- Collected data entries -
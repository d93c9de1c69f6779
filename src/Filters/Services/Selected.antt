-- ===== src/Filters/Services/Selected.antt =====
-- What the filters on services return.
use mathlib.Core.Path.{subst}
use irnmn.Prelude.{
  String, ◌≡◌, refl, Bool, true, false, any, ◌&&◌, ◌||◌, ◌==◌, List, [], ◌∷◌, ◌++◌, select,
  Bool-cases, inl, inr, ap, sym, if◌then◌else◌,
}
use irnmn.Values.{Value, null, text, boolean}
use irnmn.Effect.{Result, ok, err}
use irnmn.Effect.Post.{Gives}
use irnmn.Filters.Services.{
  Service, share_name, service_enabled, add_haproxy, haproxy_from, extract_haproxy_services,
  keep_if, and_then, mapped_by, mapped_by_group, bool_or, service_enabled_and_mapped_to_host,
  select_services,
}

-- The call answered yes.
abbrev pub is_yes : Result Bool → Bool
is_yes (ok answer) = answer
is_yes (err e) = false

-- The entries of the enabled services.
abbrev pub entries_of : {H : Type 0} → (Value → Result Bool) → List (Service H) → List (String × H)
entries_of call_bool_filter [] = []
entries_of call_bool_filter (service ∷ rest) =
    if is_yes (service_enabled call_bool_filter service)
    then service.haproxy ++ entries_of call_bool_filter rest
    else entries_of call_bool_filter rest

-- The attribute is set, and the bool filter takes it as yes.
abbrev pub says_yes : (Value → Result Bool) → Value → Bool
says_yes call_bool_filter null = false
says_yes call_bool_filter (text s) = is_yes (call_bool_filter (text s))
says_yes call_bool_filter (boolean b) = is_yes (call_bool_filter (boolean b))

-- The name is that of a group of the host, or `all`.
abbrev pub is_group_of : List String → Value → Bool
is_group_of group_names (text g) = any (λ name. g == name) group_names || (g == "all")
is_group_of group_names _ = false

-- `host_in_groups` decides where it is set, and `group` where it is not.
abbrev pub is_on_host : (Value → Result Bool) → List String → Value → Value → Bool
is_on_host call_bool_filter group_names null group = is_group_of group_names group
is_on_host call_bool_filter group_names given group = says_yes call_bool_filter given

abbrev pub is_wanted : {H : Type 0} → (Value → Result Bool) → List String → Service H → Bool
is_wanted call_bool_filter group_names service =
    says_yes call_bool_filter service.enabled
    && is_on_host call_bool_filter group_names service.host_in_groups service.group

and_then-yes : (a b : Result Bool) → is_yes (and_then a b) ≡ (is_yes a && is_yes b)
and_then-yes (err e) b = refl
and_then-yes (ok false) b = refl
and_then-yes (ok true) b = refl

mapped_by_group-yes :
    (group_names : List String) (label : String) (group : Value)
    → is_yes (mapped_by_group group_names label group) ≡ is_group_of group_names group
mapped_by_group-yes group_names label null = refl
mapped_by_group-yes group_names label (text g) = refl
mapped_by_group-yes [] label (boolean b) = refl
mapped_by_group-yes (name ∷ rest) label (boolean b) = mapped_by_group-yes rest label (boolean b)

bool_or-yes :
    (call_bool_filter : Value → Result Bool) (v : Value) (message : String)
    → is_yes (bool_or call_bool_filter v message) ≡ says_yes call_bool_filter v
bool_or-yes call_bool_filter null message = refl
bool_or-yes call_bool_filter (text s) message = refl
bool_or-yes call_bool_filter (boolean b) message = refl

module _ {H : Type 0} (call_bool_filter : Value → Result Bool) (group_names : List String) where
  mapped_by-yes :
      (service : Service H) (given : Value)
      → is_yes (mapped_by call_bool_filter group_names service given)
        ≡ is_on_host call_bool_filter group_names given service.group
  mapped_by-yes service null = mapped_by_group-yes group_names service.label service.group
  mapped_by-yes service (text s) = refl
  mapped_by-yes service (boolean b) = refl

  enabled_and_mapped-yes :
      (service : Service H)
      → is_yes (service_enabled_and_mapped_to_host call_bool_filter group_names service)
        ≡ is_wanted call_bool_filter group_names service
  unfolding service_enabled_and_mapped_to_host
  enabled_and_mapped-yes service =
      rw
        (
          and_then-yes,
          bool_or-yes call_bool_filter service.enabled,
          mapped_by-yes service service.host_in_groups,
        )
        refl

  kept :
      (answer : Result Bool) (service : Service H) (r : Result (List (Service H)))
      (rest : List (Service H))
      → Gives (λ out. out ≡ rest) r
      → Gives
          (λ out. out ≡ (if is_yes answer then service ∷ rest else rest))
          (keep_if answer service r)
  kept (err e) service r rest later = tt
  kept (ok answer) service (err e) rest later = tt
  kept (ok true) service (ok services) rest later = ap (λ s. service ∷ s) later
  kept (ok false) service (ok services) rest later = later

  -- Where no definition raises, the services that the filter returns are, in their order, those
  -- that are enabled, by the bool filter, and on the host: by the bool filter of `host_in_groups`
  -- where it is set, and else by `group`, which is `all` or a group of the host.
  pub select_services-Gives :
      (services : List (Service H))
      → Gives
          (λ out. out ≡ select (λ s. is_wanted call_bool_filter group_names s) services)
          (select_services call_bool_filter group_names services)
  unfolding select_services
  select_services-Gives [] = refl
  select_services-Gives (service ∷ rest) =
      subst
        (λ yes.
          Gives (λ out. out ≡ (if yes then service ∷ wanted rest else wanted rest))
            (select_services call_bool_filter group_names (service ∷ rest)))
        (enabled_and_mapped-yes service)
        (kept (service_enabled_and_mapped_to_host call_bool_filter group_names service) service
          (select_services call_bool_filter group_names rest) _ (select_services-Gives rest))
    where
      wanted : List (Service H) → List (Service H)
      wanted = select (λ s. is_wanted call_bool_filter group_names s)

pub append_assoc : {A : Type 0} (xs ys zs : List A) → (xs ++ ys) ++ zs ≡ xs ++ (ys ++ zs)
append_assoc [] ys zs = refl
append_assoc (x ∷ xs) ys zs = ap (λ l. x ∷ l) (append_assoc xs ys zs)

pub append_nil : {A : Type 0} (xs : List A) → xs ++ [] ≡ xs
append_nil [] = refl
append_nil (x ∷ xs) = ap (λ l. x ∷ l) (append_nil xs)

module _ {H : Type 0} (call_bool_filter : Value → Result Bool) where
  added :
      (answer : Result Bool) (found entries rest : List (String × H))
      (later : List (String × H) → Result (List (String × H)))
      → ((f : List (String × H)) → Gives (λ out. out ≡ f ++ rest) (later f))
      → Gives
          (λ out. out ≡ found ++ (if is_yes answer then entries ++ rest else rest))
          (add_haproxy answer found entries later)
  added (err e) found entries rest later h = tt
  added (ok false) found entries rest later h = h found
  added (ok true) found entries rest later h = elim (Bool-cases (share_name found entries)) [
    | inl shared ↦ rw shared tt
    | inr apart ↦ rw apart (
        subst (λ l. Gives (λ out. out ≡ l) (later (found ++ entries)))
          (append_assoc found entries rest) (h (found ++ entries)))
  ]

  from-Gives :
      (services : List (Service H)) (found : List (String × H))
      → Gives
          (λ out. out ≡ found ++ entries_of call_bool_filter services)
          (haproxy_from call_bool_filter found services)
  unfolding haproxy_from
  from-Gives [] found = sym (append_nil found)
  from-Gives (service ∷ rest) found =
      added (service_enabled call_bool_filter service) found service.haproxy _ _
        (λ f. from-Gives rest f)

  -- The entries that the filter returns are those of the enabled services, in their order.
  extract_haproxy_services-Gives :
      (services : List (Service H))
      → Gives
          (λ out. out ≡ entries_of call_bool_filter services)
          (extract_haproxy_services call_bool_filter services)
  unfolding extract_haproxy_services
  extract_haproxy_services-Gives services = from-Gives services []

- Problem description -
Write out only the lines from the very start of the entries above to the line that includes "says_yes call_bool_filter service.enabled", both ends included, each one unchanged.

- Finished exercise -
repository d93c9de1c69f6779
filename src/Filters/Services/Selected.antt
-- ===== src/Filters/Services/Selected.antt =====
-- What the filters on services return.
use mathlib.Core.Path.{subst}
use irnmn.Prelude.{
  String, ◌≡◌, refl, Bool, true, false, any, ◌&&◌, ◌||◌, ◌==◌, List, [], ◌∷◌, ◌++◌, select,
  Bool-cases, inl, inr, ap, sym, if◌then◌else◌,
}
use irnmn.Values.{Value, null, text, boolean}
use irnmn.Effect.{Result, ok, err}
use irnmn.Effect.Post.{Gives}
use irnmn.Filters.Services.{
  Service, share_name, service_enabled, add_haproxy, haproxy_from, extract_haproxy_services,
  keep_if, and_then, mapped_by, mapped_by_group, bool_or, service_enabled_and_mapped_to_host,
  select_services,
}

-- The call answered yes.
abbrev pub is_yes : Result Bool → Bool
is_yes (ok answer) = answer
is_yes (err e) = false

-- The entries of the enabled services.
abbrev pub entries_of : {H : Type 0} → (Value → Result Bool) → List (Service H) → List (String × H)
entries_of call_bool_filter [] = []
entries_of call_bool_filter (service ∷ rest) =
    if is_yes (service_enabled call_bool_filter service)
    then service.haproxy ++ entries_of call_bool_filter rest
    else entries_of call_bool_filter rest

-- The attribute is set, and the bool filter takes it as yes.
abbrev pub says_yes : (Value → Result Bool) → Value → Bool
says_yes call_bool_filter null = false
says_yes call_bool_filter (text s) = is_yes (call_bool_filter (text s))
says_yes call_bool_filter (boolean b) = is_yes (call_bool_filter (boolean b))

-- The name is that of a group of the host, or `all`.
abbrev pub is_group_of : List String → Value → Bool
is_group_of group_names (text g) = any (λ name. g == name) group_names || (g == "all")
is_group_of group_names _ = false

-- `host_in_groups` decides where it is set, and `group` where it is not.
abbrev pub is_on_host : (Value → Result Bool) → List String → Value → Value → Bool
is_on_host call_bool_filter group_names null group = is_group_of group_names group
is_on_host call_bool_filter group_names given group = says_yes call_bool_filter given

abbrev pub is_wanted : {H : Type 0} → (Value → Result Bool) → List String → Service H → Bool
is_wanted call_bool_filter group_names service =
    says_yes call_bool_filter service.enabled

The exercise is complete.